Message #2175

From: Roice Nelson <roice3@gmail.com>
Subject: Re: [MC4D] Re: Making a puzzle based on 11-cell
Date: Wed, 23 May 2012 15:29:29 -0500

This is fantastic Nan!

I really like your design choice for displaying the core colors. It is
especially lovely how clean the pristine state looks.

It looks fair to say this is a "cell turning" 11-Cell. For twisting a
cell, would it be difficult to also include twisting the cell around an
edge? In addition to giving full cell-turning functionality, this would be
helpful to see how the 3C edges connect up.
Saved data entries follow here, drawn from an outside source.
-- ===== src/Qt/Samples.antt =====
-- A concrete `Qt` for tests: the text functions of the identity, and conversions that give a value of
-- its own kind back, and otherwise the default.
use neo_nect_desktop.Base.{ℕ, Bool, false, ℤ, pos, List, []}
use neo_nect_desktop.Base.Text.{String, ◌==◌}
use neo_nect_desktop.Qt.{Qt, Qreal, Variant, text, flag, int, real, list, bytes}

abbrev string_of : Variant → String
string_of (text s) = s
string_of _ = ""

abbrev bool_of : Variant → Bool
bool_of (flag b) = b
bool_of _ = false

abbrev int_of : Variant → ℤ
int_of (int z) = z
int_of _ = pos 0

abbrev real_of : Variant → Qreal
real_of (real r) = r
real_of _ = record { num = pos 0; den = 1 }

abbrev list_of : Variant → List ℤ
list_of (list l) = l
list_of _ = []

abbrev bytes_of : Variant → List ℕ
bytes_of (bytes b) = b
bytes_of _ = []

abbrev pub plain_qt : Qt
plain_qt = record {
  to_lower = λ s. s;
  to_upper = λ s. s;
  trimmed = λ s. s;
  same_ci = λ a b. a == b;
  number = λ z. "0";
  to_string = string_of;
  to_bool = bool_of;
  to_integer = int_of;
  to_int = int_of;
  to_real = real_of;
  to_list = list_of;
  to_bytes = bytes_of;
}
On the 3^4, you can do 3C/4C twists, then solve them with 2C twists. The
situation here is analogous. You can do a single 6C twist, then solve it
with three 2C twists. It’s a good bite-sized challenge to try! I don’t
know yet if you can do a single 2C, then solve with 6C twists. That will
be a fun question to reason through.

I realize the slicing is abstract (topological vs. geometric). I think
it’d be nice to make the size of the 3C/6C pieces bigger, maybe even
controllable with a slider or something. This would make the puzzle feel a
little more like a classic Rubik’s Cube.

Not a big deal, but I think it’d be better if puzzle reorientations did
not increment the move count.

My brief experience with this makes me wonder about a "vertex turning"
11-cell as well. Overcoming the hurdle of how to make twists on a VT
puzzle seems especially difficult (even more so than it was for the
polychora puzzles).

Great work! It’s awesome to see permutation puzzles enter the domain of
abstract polytopes, and I look forward to studying this more :D

Cheers,
Roice


On Tue, May 22, 2012 at 9:50 PM, schuma <mananself@gmail.com> wrote:

> Hi guys,
>
> In the last week I’ve been working on the 11-cell. Although not completed,
> it’s a playable puzzle now. I’ll keep refining it. But I want to let you
> guys see the current version of the applet:
>
> http://people.bu.edu/nanma/ElevenCell/ElevenCell.html
>
> When you open it, you can see eleven hemi-icosahedral cells. The color
> scheme is exactly identical to the one here: [
> http://en.wikipedia.org/wiki/File:Hemi-icosahedron_coloured.svg]. But in
> that figure, the faces are colored to be identical to the opposite cell,
> whereas in my illustration, the faces are colored to be identical to the
> cell it belongs to. I also changed the layout of the cells to make it more
> intuitive.
>
> There are 11 cells. I consider each cell has a core that never moves. The
> core is represented by a colored disk as the background of a cell. Just
> like the centers of the Rubik’s cube, the cores should be used as
> references during a solve. There are 2-color face pieces, 3-color edge
> pieces, and 6-color vertex pieces. When you move the cursor on a cell, the
> turning region will be highlighted. The region includes all the pieces that
> have stickers on the hemi-icosahedron.
>
> Left or right clicking the mouse will twist the puzzle. I’m allowing
> twists around vertices and face centers. When the cursor is on top of a
> vertex, all the stickers on the vertex piece will be circled. When the
> cursor is on top of a triangular face, the two stickers on the face piece
> will be circled. These features can help you see the connectivity of
> 11-cell, to some extend. Please try click on the red cell, which is
> considered by myself as the "central cell". Twists around that cell are
> more symmetrical and thus understandable.
>
> Holding shift and clicking mouse will re-orient the whole puzzle.
> Currently this is the only way to re-orient.
>
> The checkboxes "F", "E", and "V" controls the visibility of the faces,
> edges and vertices. The percentages of stickers in the correct position are
> also shown. When all are solved, the background turns light blue.
>
> The meaning of the buttons "reset" "scramble" and "undo" are
> self-explaining. I put a "1-move scramble" button for testing purpose. But
> I found it was already a nontrivial challenge. Let me know if you can solve
> it!
>
> In the future I will fix bugs, and add macros. I haven’t seriously thought
> about how to solve it. But it looks like a pretty deep cut puzzle: each
> turn affects six out of eleven vertices, and it should be hard to solve. So
> I think macros should be necessary.